(Work to complete):
Keep only the lines from the start of the data through the line containing "Ip = List ℕ", and output them exactly.

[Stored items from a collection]
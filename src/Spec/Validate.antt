-- ===== src/Spec/Validate.antt =====
-- internal/proxy/spec.go: the validation of a rule before it is started, and its access list.
-- What the standard library knows of addresses is a parameter.
use ctf_proxy_utils.Common.{
  ℕ, ◌+◌, ◌-◌, ◌*◌, ◌%◌, ◌^◌, String, Bool, true, false, not, ◌&&◌, ◌||◌, Option, none, some, List,
  [], ◌∷◌, str_eq, ltb, ◌==◌, if◌then◌else◌, length, is_empty, word64,
}
use ctf_proxy_utils.Common.Int.{ℤ, pos_part, neg_part}
use ctf_proxy_utils.Bytes.{Text, hex_decode, concat}
use ctf_proxy_utils.Spec.{
  Endpoint, HealthSpec, DumpSpec, RuleSpec, is_zero, int_eq, has_backup, live,
}

-- An address is the bytes of a `net.IP`, a network its address and its mask.
abbrev pub Ip : Type 0
Ip = List ℕ

pub record IpNet : Type 0 where
  pub ip : Ip
  pub mask : List ℕ

-- The functions of the packages net and strings; `interface_addrs` are the addresses of
-- `net.InterfaceAddrs`, and `is_method` is the regular expression of an HTTP method.
pub record Net : Type 0 where
  pub parse_ip : String → Option Ip
  pub parse_cidr : String → Option IpNet
  pub is_unspecified : Ip → Bool
  pub is_loopback : Ip → Bool
  pub ip_equal : Ip → Ip → Bool
  pub is_ip4 : Ip → Bool
  pub cidr_mask : ℕ → ℕ → List ℕ
  pub zero_ip4 : Ip
  pub trim_suffix : String → String → String
  pub equal_fold : String → String → Bool
  pub trim_text : String → String
  pub interface_addrs : List Ip
  pub is_method : List ℕ → Bool

pub data SpecError : Type 0 where
  bad_protocol bad_udp_idle bad_routing backup_needed bad_limits http_over_udp : SpecError
  udp_needs_payload dump_too_large bad_listen_port no_target bad_target_port bad_listen_host :
      SpecError
  empty_target_host target_loops backup_loops bad_backup_port bad_cidr : SpecError
  bad_health_mode bad_request_mode bad_expect_mode bad_status bad_method bad_path bad_header :
      SpecError
  health_too_large headers_too_large bad_request_hex bad_expect_hex bad_expect_regexp : SpecError

-- An `error`: `none` is `nil`.
abbrev pub Verdict : Type 0
Verdict = Option SpecError

-- `if b { return e }`, and what follows.
unfoldable pub check : Bool → SpecError → Verdict → Verdict
check true e rest = some e
check false e rest = rest

-- `if err := v; err != nil { return err }`, and what follows.
unfoldable pub and_then : Verdict → Verdict → Verdict
and_then none rest = rest
and_then (some e) rest = some e

abbrev pub int_gt : ℤ → ℕ → Bool
int_gt n k = ltb k (pos_part n)

abbrev pub is_negative : ℤ → Bool
is_negative n = ltb 0 (neg_part n)

-- `p < 1 || p > 65535`
abbrev pub outside_ports : ℤ → Bool
outside_ports p = ltb (pos_part p) 1 || int_gt p 65535

-- The 64 bits of an integer, and the test of a product of such with a limit.
abbrev pub bits_64 : ℤ → ℕ
bits_64 n = (pos_part n + (word64 - neg_part n % word64)) % word64

abbrev pub signed_gt : ℕ → ℕ → Bool
signed_gt bits limit = ltb bits (2 ^ 63) && ltb limit bits

abbrev pub has_byte : List ℕ → List ℕ → Bool
has_byte set [] = false
has_byte set (c ∷ cs) = mem set || has_byte set cs
  where
    mem : List ℕ → Bool
    mem [] = false
    mem (x ∷ xs) = x == c || mem xs

abbrev crlf : List ℕ
crlf = 13 ∷ 10 ∷ []

abbrev header_breaks : List ℕ
header_breaks = 32 ∷ 9 ∷ 13 ∷ 10 ∷ 58 ∷ []

-- The loop over the headers: their bytes, or none at a bad one.
unfoldable pub header_bytes : List (List ℕ × List ℕ) → Option ℕ
header_bytes [] = some 0
header_bytes ((key, value) ∷ rest) =
    if is_empty key || has_byte header_breaks key || has_byte crlf value
    then none
    else elim (header_bytes rest) [ none ↦ none | some n ↦ some (length key + length value + n) ]

abbrev hex_fails : Text → List ℕ → Bool
hex_fails text b = elim (hex_decode (concat (text.fields b))) [ none ↦ true | some _ ↦ false ]

abbrev regexp_fails : Text → List ℕ → Bool
regexp_fails text b = elim (text.compile b) [ none ↦ true | some _ ↦ false ]

abbrev one_of : String → List String → Bool
one_of s [] = false
one_of s (x ∷ xs) = str_eq s x || one_of s xs

unfoldable pub health_validate : Text → Net → HealthSpec → Verdict
health_validate text net h =
    check (not (one_of h.mode ("" ∷ "tcp" ∷ "payload" ∷ "http" ∷ []))) bad_health_mode (
      check (not (one_of h.request_mode ("" ∷ "text" ∷ "hex" ∷ []))) bad_request_mode (
        check (not (one_of h.expect_mode ("" ∷ "text" ∷ "hex" ∷ "regex" ∷ []))) bad_expect_mode (
          check (is_negative h.http_status || int_gt h.http_status 599) bad_status (
            check (not (is_empty h.http_method) && not (net.is_method h.http_method)) bad_method (
              check (has_byte crlf h.http_path || has_byte crlf h.http_host) bad_path
                (elim (header_bytes h.http_headers) [
                  | none ↦ some bad_header
                  | some n ↦
                      check
                        (ltb (64 * 1024) (length h.request)
                          || ltb 4096 (length h.expect)
                          || ltb 32 (length h.http_headers))
                        health_too_large
                        (check (ltb (16 * 1024) n) headers_too_large (
                          check (str_eq h.request_mode "hex" && hex_fails text h.request)
                            bad_request_hex
                            (check (str_eq h.expect_mode "hex" && hex_fails text h.expect)
                              bad_expect_hex
                              (check (str_eq h.expect_mode "regex" && regexp_fails text h.expect)
                                bad_expect_regexp none))))
                ]))))))

abbrev pub any_equal : Net → Ip → List Ip → Bool
any_equal net ip [] = false
any_equal net ip (a ∷ rest) = net.ip_equal a ip || any_equal net ip rest

unfoldable pub loops_to_self : Net → RuleSpec → Endpoint → Bool
loops_to_self net s e =
    let listen : Ip = elim (net.parse_ip s.listen_host) [ none ↦ net.zero_ip4 | some ip ↦ ip ] in
    if not (int_eq e.port s.listen_port)
    then false
    else if net.equal_fold (net.trim_suffix e.host ".") "localhost"
    then net.is_unspecified listen || net.is_loopback listen
    else elim (net.parse_ip e.host) [
      | none ↦ false
      | some target ↦
          net.ip_equal listen target
          || net.is_unspecified listen
            && (net.is_loopback target
                || net.is_unspecified target
                || any_equal net target net.interface_addrs)
    ]

abbrev pub cidr_fails : Net → String → Bool
cidr_fails net c = elim (net.parse_cidr c) [
  | some n ↦ false
  | none ↦ elim (net.parse_ip c) [ none ↦ true | some ip ↦ false ]
]

-- The loop of `Validate` over the access list.
unfoldable pub allow_validate : Net → List String → Verdict
allow_validate net [] = none
allow_validate net (c ∷ cs) =
    let t = net.trim_text c in
    let rest = allow_validate net cs in
    if str_eq t "" then rest else check (cidr_fails net t) bad_cidr rest

-- The two tests of a backup that is set.
unfoldable pub backup_validate : Net → RuleSpec → Option Endpoint → Verdict
backup_validate net s none = none
backup_validate net s (some b) =
    check (loops_to_self net s b) backup_loops (check (outside_ports b.port) bad_backup_port none)

abbrev pub dump_over : DumpSpec → Bool
dump_over d =
    int_gt d.max_conns 2000
    || int_gt d.max_bytes_per (4 * 1024 * 1024)
    || signed_gt (bits_64 d.max_conns * bits_64 d.max_bytes_per * 2 % word64) (256 * 1024 * 1024)

abbrev pub udp_unchecked : RuleSpec → Bool
udp_unchecked s =
    str_eq s.protocol "udp"
    && s.health.enabled
    && (not (str_eq s.health.mode "payload")
        || is_empty s.health.request
        || is_empty s.health.expect)

abbrev pub no_ip : Net → String → Bool
no_ip net host = elim (net.parse_ip host) [ none ↦ true | some ip ↦ false ]

-- The tests behind the ones of the dump.
unfoldable pub addresses_validate : Net → RuleSpec → Verdict
addresses_validate net s = check (outside_ports s.listen_port) bad_listen_port (
    check (is_zero s.target) no_target (
      check (outside_ports s.target.port) bad_target_port (
        check (not (str_eq s.listen_host "") && no_ip net s.listen_host) bad_listen_host (
          check (str_eq (net.trim_text s.target.host) "") empty_target_host (
            check (loops_to_self net s s.target) target_loops (
              and_then (backup_validate net s (live s.backup))
                (allow_validate net s.allow_cidr)))))))

unfoldable pub spec_validate : Text → Net → RuleSpec → Verdict
spec_validate text net s = check (not (one_of s.protocol ("" ∷ "tcp" ∷ "udp" ∷ []))) bad_protocol (
    check (is_negative s.udp_idle_sec || int_gt s.udp_idle_sec 3600) bad_udp_idle (
      check (not (one_of s.routing_mode ("" ∷ "auto" ∷ "primary" ∷ "backup" ∷ []))) bad_routing (
        check (str_eq s.routing_mode "backup" && not (has_backup s)) backup_needed (
          check (is_negative s.max_conns || is_negative s.idle_timeout_sec) bad_limits (
            and_then (health_validate text net s.health) (
              check (str_eq s.protocol "udp" && str_eq s.health.mode "http") http_over_udp (
                check (udp_unchecked s) udp_needs_payload
                  (check (dump_over s.dump) dump_too_large (addresses_validate net s)))))))))

-- `parseACL`: none is an error.
unfoldable pub parse_acl : Net → List String → Option (List IpNet)
parse_acl net [] = some []
parse_acl net (c ∷ cs) =
    let item = net.trim_text c in
    let rest = parse_acl net cs in
    if str_eq item "" then rest else elim (net.parse_cidr item) [
      | some n ↦ elim rest [ none ↦ none | some ns ↦ some (n ∷ ns) ]
      | none ↦ elim (net.parse_ip item) [
        | none ↦ none
        | some ip ↦
            let bits = if net.is_ip4 ip then 32 else 128 in
            elim rest [
              | none ↦ none
              | some ns ↦ some (record { ip = ip; mask = net.cidr_mask bits bits } ∷ ns)
            ]
      ]
    ]
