-- ===== src/Spec/Laws.antt =====
-- What the validation of a rule promises to the code that runs the rule.
use ctf_proxy_utils.Common.{
  ◌*◌, ◌≤◌, String, ◌≡◌, refl, ◌≢◌, Bool, true, false, not, ◌&&◌, Option, none, some, List, [], ◌∷◌,
  str_eq, arith, All,
}
use ctf_proxy_utils.Common.Int.{ℤ, pos_part}
use ctf_proxy_utils.Bytes.{Text}
use ctf_proxy_utils.Spec.{Endpoint, RuleSpec, has_backup, live}
use ctf_proxy_utils.Spec.Validate.{
  Net, IpNet, SpecError, Verdict, check, and_then, outside_ports, dump_over, spec_validate,
  addresses_validate, backup_validate, allow_validate, loops_to_self, parse_acl, Ip,
}

abbrev pub IsPort : ℤ → Type 0
IsPort p = (1 ≤ pos_part p) × (pos_part p ≤ 65535)

abbrev pub listen_ip : Net → RuleSpec → Ip
listen_ip net s = elim (net.parse_ip s.listen_host) [ none ↦ net.zero_ip4 | some ip ↦ ip ]

abbrev pub is_localhost : Net → Endpoint → Bool
is_localhost net e = net.equal_fold (net.trim_suffix e.host ".") "localhost"

-- Why connections to an endpoint do not come back to the listener: it has another port; or its host
-- is the name of the local host, and the listener is on an address of one interface; or its host is
-- another name, which is not resolved; or it is an address, and the listener is on one other address;
-- or it is an address, and the listener is on all those of this host, and it is none of them.
pub data IsApart (net : Net) (s : RuleSpec) (e : Endpoint) : Type 0 where
  other_port : e.port ≢ s.listen_port → IsApart net s e
  local_name :
      is_localhost net e ≡ true
      → net.is_unspecified (listen_ip net s) ≡ false
      → net.is_loopback (listen_ip net s) ≡ false
      → IsApart net s e
  other_name : is_localhost net e ≡ false → net.parse_ip e.host ≡ none → IsApart net s e
  other_address :
      (ip : Ip)
      → is_localhost net e ≡ false
      → net.parse_ip e.host ≡ some ip
      → net.ip_equal (listen_ip net s) ip ≡ false
      → net.is_unspecified (listen_ip net s) ≡ false
      → IsApart net s e
  foreign :
      (ip : Ip)
      → is_localhost net e ≡ false
      → net.parse_ip e.host ≡ some ip
      → net.ip_equal (listen_ip net s) ip ≡ false
      → net.is_loopback ip ≡ false
      → net.is_unspecified ip ≡ false
      → All (λ a. net.ip_equal a ip ≡ false) net.interface_addrs
      → IsApart net s e

-- A backup that is set is not the listener; the mode that needs one has one.
abbrev pub BackupFine : Net → RuleSpec → Option Endpoint → Type 0
BackupFine net s none = str_eq s.routing_mode "backup" ≡ false
BackupFine net s (some b) = IsApart net s b × IsPort b.port

pub record IsRunnable (net : Net) (s : RuleSpec) : Type 0 where
  pub listens : IsPort s.listen_port
  pub dials : IsPort s.target.port
  pub apart : IsApart net s s.target
  pub backed : BackupFine net s (live s.backup)
  pub conns : (1 ≤ pos_part s.dump.max_conns) × (pos_part s.dump.max_conns ≤ 2000)
  pub bytes :
      (1 ≤ pos_part s.dump.max_bytes_per) × (pos_part s.dump.max_bytes_per ≤ 4 * 1024 * 1024)
  pub total : pos_part s.dump.max_conns * pos_part s.dump.max_bytes_per * 2 ≤ 256 * 1024 * 1024
  pub acl : List IpNet
  pub acl_parsed : parse_acl net s.allow_cidr ≡ some acl

passed :
    (b : Bool) (e : SpecError) (rest : Verdict)
    → check b e rest ≡ none
    → (b ≡ false) × (rest ≡ none)
unfolding check
passed true e rest h = absurd (cc)
passed false e rest h = (refl, h)

both_passed : (v rest : Verdict) → and_then v rest ≡ none → (v ≡ none) × (rest ≡ none)
unfolding and_then
both_passed none rest h = (refl, h)
both_passed (some e) rest h = absurd (cc)

in_range : (p : ℤ) → outside_ports p ≡ false → IsPort p
in_range p h = ground arith

abbrev pub is_some : Option (List IpNet) → Bool
is_some none = false
is_some (some ns) = true

-- An access list that passes can be parsed.
pub allow_validate-parse_acl :
    (net : Net) (cs : List String)
    → allow_validate net cs ≡ none
    → is_some (parse_acl net cs) ≡ true
unfolding allow_validate parse_acl check
allow_validate-parse_acl net [] h = refl
allow_validate-parse_acl net (c ∷ cs) h = ground (arith, allow_validate-parse_acl net cs)

-- What the tests in front of the addresses leave.
pub tests_passed :
    (text : Text) (net : Net) (s : RuleSpec)
    → spec_validate text net s ≡ none
    → ((str_eq s.routing_mode "backup" && not (has_backup s)) ≡ false)
      × (dump_over s.dump ≡ false)
      × (addresses_validate net s ≡ none)
unfolding spec_validate
tests_passed text net s h₀ =
    let h₁ = (passed _ _ _ h₀).1 in
    let h₂ = (passed _ _ _ h₁).1 in
    let h₃ = (passed _ _ _ h₂).1 in
    let (routed, h₄) = passed _ _ _ h₃ in
    let h₅ = (passed _ _ _ h₄).1 in
    let h₆ = (both_passed _ _ h₅).1 in
    let h₇ = (passed _ _ _ h₆).1 in
    let h₈ = (passed _ _ _ h₇).1 in let (dumped, h₉) = passed _ _ _ h₈ in (routed, dumped, h₉)

pub addresses_passed :
    (net : Net) (s : RuleSpec)
    → addresses_validate net s ≡ none
    → IsPort s.listen_port
      × IsPort s.target.port
      × (loops_to_self net s s.target ≡ false)
      × (backup_validate net s (live s.backup) ≡ none)
      × (allow_validate net s.allow_cidr ≡ none)
unfolding addresses_validate
addresses_passed net s h₀ =
    let (listen, h₁) = passed _ _ _ h₀ in
    let h₂ = (passed _ _ _ h₁).1 in
    let (dial, h₃) = passed _ _ _ h₂ in
    let h₄ = (passed _ _ _ h₃).1 in
    let h₅ = (passed _ _ _ h₄).1 in
    let (apart, h₆) = passed _ _ _ h₅ in
    let (backup, allow) = both_passed _ _ h₆ in
    (in_range s.listen_port listen, in_range s.target.port dial, apart, backup, allow)
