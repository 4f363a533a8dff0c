-- ===== src/Spec/Tests.antt =====
-- Tests of the validation, and its theorem at a concrete rule.
use ctf_proxy_utils.Common.{
  ℕ, String, ◌≡◌, refl, true, false, none, some, [], ◌∷◌, str_eq, ◌==◌, if◌then◌else◌,
}
use ctf_proxy_utils.Common.Int.{pos, negsuc}
use ctf_proxy_utils.Bytes.{Text}
use ctf_proxy_utils.Spec.{RuleSpec, spec_defaults, health_defaults, dump_defaults, same_endpoint}
use ctf_proxy_utils.Spec.Validate.{
  Net, check, and_then, spec_validate, addresses_validate, backup_validate, allow_validate,
  loops_to_self, parse_acl, health_validate, header_bytes, target_loops,
}

abbrev pub bytes_text : Text
bytes_text = record {
  trim_space = λ s. s;
  to_lower = λ s. s;
  fields = λ s. s ∷ [];
  is_utf8 = λ s. true;
  query_unescape = λ s. some s;
  compile = λ s. none;
}

-- A host with two addresses, and the unspecified one.
abbrev pub small_net : Net
small_net = record {
  parse_ip = λ s.
      if str_eq s "0.0.0.0"
      then some (0 ∷ 0 ∷ 0 ∷ 0 ∷ [])
      else if str_eq s "127.0.0.1"
      then some (127 ∷ 0 ∷ 0 ∷ 1 ∷ [])
      else if str_eq s "10.0.0.2"
      then some (10 ∷ 0 ∷ 0 ∷ 2 ∷ [])
      else none;
  parse_cidr = λ s. none;
  is_unspecified = λ ip. elim ip [ [] ↦ false | a ∷ rest ↦ a == 0 ];
  is_loopback = λ ip. elim ip [ [] ↦ false | a ∷ rest ↦ a == 127 ];
  ip_equal = λ a b. elim a [ [] ↦ false | x ∷ xs ↦ elim b [ [] ↦ false | y ∷ ys ↦ x == y ] ];
  is_ip4 = λ ip. true;
  cidr_mask = λ ones bits. [];
  zero_ip4 = 0 ∷ 0 ∷ 0 ∷ 0 ∷ [];
  trim_suffix = λ s t. s;
  equal_fold = str_eq;
  trim_text = λ s. s;
  interface_addrs = [];
  is_method = λ m. true;
}

abbrev pub a_rule : String → ℕ → String → RuleSpec
a_rule id port target = record {
  id = id;
  name = id;
  enabled = true;
  listen_host = "";
  listen_port = pos port;
  target = record { host = target; port = pos 80 };
  backup = some (record { host = "backup"; port = pos 81 });
  health = record {
    enabled = true;
    interval_sec = pos 0;
    timeout_ms = pos 0;
    fail_after = pos 0;
    rise_after = pos 0;
    auto_fail = true;
    auto_back = false;
    mode = "";
    request = [];
    request_mode = "";
    expect = [];
    expect_mode = "";
    http_method = [];
    http_path = [];
    http_host = [];
    http_status = pos 0;
    http_headers = [];
  };
  dump = record { enabled = true; max_conns = pos 0; max_bytes_per = negsuc 3 };
  routing_mode = "";
  protocol = "";
  udp_idle_sec = pos 0;
  inspect = record { enabled = false; auto_pin = false };
  allow_cidr = "10.0.0.2" ∷ [];
  max_conns = pos 2;
  idle_timeout_sec = pos 0;
  dial_timeout_ms = pos 0;
}

program : Unit {0}
unfolding spec_defaults health_defaults dump_defaults spec_validate check and_then health_validate
    header_bytes addresses_validate backup_validate loops_to_self allow_validate parse_acl
    same_endpoint
program = tt

-- A rule that forwards to its own listener is refused.
own_listener :
    spec_validate bytes_text small_net (spec_defaults (a_rule "r1" 80 "127.0.0.1"))
    ≡ some target_loops
unfolding program
own_listener = refl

(Reply to the task):
filename src/Spec/Validate.antt
-- ===== src/Spec/Validate.antt =====
-- internal/proxy/spec.go: the validation of a rule before it is started, and its access list.
-- What the standard library knows of addresses is a parameter.
use ctf_proxy_utils.Common.{
  ℕ, ◌+◌, ◌-◌, ◌*◌, ◌%◌, ◌^◌, String, Bool, true, false, not, ◌&&◌, ◌||◌, Option, none, some, List,
  [], ◌∷◌, str_eq, ltb, ◌==◌, if◌then◌else◌, length, is_empty, word64,
}
use ctf_proxy_utils.Common.Int.{ℤ, pos_part, neg_part}
use ctf_proxy_utils.Bytes.{Text, hex_decode, concat}
use ctf_proxy_utils.Spec.{
  Endpoint, HealthSpec, DumpSpec, RuleSpec, is_zero, int_eq, has_backup, live,
}

-- An address is the bytes of a `net.IP`, a network its address and its mask.
abbrev pub Ip : Type 0
Ip = List ℕ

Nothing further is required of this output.